▶ _Stored data_:
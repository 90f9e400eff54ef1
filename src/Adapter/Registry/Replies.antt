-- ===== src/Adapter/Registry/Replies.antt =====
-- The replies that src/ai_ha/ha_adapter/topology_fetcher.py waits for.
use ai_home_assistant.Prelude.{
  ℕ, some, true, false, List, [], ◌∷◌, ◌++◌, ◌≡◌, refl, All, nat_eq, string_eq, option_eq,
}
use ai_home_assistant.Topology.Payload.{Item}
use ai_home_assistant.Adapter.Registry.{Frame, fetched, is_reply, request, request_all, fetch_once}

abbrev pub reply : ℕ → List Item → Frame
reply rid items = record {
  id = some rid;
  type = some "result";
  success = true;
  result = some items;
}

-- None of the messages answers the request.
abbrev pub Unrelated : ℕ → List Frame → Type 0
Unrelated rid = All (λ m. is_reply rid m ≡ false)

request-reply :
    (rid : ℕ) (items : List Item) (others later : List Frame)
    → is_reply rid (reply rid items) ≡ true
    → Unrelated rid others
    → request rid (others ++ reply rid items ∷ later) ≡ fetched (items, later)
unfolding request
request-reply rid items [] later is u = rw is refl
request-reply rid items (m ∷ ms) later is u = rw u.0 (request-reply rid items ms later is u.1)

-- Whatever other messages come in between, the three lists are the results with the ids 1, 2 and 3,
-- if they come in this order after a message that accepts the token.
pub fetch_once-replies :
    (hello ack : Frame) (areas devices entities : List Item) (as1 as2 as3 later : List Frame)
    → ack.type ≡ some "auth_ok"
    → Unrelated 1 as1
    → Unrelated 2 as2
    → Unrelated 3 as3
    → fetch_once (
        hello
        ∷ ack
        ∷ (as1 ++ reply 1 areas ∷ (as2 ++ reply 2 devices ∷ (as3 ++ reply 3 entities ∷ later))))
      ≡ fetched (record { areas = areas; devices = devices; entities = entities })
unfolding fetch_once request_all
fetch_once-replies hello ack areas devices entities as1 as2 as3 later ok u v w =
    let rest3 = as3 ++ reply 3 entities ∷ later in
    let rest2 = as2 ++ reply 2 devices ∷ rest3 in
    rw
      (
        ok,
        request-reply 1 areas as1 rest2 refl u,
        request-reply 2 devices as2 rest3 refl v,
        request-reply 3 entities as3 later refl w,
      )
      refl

▶ _Exercise_: You are asked to transcribe all of the data above exactly.

▶ _Answer section_:
repository 90f9e400eff54ef1
filename src/Adapter/Registry/Replies.antt
-- ===== src/Adapter/Registry/Replies.antt =====
-- The replies that src/ai_ha/ha_adapter/topology_fetcher.py waits for.
use ai_home_assistant.Prelude.{
  ℕ, some, true, false, List, [], ◌∷◌, ◌++◌, ◌≡◌, refl, All, nat_eq, string_eq, option_eq,
}
use ai_home_assistant.Topology.Payload.{Item}
use ai_home_assistant.Adapter.Registry.{Frame, fetched, is_reply, request, request_all, fetch_once}

abbrev pub reply : ℕ → List Item → Frame
reply rid items = record {
  id = some rid;
  type = some "result";
  success = true;
  result = some items;
}

-- None of the messages answers the request.
abbrev pub Unrelated : ℕ → List Frame → Type 0
Unrelated rid = All (λ m. is_reply rid m ≡ false)

request-reply :
    (rid : ℕ) (items : List Item) (others later : List Frame)
    → is_reply rid (reply rid items) ≡ true
    → Unrelated rid others
    → request rid (others ++ reply rid items ∷ later) ≡ fetched (items, later)
unfolding request
request-reply rid items [] later is u = rw is refl
request-reply rid items (m ∷ ms) later is u = rw u.0 (request-reply rid items ms later is u.1)

-- Whatever other messages come in between, the three lists are the results with the ids 1, 2 and 3,
-- if they come in this order after a message that accepts the token.
pub fetch_once-replies :
    (hello ack : Frame) (areas devices entities : List Item) (as1 as2 as3 later : List Frame)
    → ack.type ≡ some "auth_ok"
    → Unrelated 1 as1
    → Unrelated 2 as2
    → Unrelated 3 as3
    → fetch_once (
        hello
        ∷ ack
        ∷ (as1 ++ reply 1 areas ∷ (as2 ++ reply 2 devices ∷ (as3 ++ reply 3 entities ∷ later))))
      ≡ fetched (record { areas = areas; devices = devices; entities = entities })
unfolding fetch_once request_all
fetch_once-replies hello ack areas devices entities as1 as2 as3 later ok u v w =
    let rest3 = as3 ++ reply 3 entities ∷ later in
    let rest2 = as2 ++ reply 2 devices ∷ rest3 in
    rw
      (
        ok,
        request-reply 1 areas as1 rest2 refl u,
        request-reply 2 devices as2 rest3 refl v,
        request-reply 3 entities as3 later refl w,
      )
      refl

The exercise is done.